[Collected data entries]
::::::::
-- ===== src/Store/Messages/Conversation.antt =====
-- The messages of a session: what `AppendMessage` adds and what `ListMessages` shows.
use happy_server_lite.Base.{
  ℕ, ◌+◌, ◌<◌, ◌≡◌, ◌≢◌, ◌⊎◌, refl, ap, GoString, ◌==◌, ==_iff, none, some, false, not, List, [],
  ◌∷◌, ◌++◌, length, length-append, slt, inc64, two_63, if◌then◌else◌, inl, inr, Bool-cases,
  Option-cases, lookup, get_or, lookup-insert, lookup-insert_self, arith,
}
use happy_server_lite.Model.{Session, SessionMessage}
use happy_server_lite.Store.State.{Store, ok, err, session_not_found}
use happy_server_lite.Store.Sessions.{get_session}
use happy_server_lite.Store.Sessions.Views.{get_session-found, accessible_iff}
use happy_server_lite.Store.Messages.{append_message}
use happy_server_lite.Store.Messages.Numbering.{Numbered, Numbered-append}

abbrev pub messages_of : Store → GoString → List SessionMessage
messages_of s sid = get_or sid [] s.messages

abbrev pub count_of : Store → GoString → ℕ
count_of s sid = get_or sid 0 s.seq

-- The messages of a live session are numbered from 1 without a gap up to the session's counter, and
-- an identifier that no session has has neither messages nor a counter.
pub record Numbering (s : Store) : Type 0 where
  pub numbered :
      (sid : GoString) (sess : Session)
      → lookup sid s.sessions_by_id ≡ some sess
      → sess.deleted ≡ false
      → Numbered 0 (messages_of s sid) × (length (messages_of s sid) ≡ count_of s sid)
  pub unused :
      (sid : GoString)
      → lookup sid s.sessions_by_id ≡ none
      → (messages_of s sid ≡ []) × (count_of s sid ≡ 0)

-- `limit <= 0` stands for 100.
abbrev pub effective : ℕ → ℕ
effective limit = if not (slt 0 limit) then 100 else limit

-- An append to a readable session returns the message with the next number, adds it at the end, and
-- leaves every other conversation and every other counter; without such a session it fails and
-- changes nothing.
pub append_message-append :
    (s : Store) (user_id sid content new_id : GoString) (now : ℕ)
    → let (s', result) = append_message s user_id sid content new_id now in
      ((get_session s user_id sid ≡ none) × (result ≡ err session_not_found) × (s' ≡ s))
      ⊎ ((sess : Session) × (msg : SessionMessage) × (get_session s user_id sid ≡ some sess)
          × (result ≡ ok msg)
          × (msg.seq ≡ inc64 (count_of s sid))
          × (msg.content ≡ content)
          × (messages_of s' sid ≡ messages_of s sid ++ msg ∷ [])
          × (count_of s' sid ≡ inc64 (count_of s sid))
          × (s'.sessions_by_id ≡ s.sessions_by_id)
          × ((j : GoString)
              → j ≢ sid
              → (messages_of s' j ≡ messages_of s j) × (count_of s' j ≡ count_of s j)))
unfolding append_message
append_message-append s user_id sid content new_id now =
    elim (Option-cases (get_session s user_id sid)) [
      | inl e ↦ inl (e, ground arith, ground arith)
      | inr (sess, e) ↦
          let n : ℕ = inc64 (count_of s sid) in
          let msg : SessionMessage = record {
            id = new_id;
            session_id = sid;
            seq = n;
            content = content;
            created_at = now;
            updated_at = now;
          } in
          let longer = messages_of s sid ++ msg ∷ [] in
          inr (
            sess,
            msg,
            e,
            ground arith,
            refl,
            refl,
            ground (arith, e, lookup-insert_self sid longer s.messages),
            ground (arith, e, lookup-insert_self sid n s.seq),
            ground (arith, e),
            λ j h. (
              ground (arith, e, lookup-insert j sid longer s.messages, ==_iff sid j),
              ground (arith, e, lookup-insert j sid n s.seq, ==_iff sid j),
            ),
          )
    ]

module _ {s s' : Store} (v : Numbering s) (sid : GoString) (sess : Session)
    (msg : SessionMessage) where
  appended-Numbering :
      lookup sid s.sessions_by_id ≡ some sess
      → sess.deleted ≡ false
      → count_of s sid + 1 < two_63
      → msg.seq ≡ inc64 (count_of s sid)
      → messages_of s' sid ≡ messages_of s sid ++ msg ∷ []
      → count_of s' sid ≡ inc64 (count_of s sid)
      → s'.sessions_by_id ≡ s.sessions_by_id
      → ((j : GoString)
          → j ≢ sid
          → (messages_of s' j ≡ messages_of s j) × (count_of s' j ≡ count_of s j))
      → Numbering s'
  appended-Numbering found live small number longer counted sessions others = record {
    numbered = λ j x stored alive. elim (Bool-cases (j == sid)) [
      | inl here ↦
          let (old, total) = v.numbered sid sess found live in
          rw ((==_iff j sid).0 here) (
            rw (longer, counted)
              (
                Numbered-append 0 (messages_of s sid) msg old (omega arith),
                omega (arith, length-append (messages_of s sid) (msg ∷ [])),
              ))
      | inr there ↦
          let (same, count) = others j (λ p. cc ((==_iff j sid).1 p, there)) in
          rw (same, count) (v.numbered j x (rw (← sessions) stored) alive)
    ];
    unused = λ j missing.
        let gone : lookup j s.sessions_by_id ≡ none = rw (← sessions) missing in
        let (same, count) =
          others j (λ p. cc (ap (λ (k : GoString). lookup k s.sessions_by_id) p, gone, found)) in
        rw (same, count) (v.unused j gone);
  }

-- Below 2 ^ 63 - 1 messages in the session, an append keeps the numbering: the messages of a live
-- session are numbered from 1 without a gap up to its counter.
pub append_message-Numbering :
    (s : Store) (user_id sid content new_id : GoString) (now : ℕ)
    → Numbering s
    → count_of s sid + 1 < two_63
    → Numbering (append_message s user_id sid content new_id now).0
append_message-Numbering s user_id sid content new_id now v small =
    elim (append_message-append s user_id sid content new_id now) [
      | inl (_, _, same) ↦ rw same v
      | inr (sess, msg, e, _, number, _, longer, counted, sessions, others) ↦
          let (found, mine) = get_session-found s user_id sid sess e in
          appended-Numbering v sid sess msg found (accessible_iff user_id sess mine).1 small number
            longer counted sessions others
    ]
::::::::
* **EXERCISE PROMPT**: Show the lines where the word "mine" appears in the entries.

* **ANSWER FOR THIS EXERCISE**:
          let (found, mine) = get_session-found s user_id sid sess e in
          appended-Numbering v sid sess msg found (accessible_iff user_id sess mine).1 small number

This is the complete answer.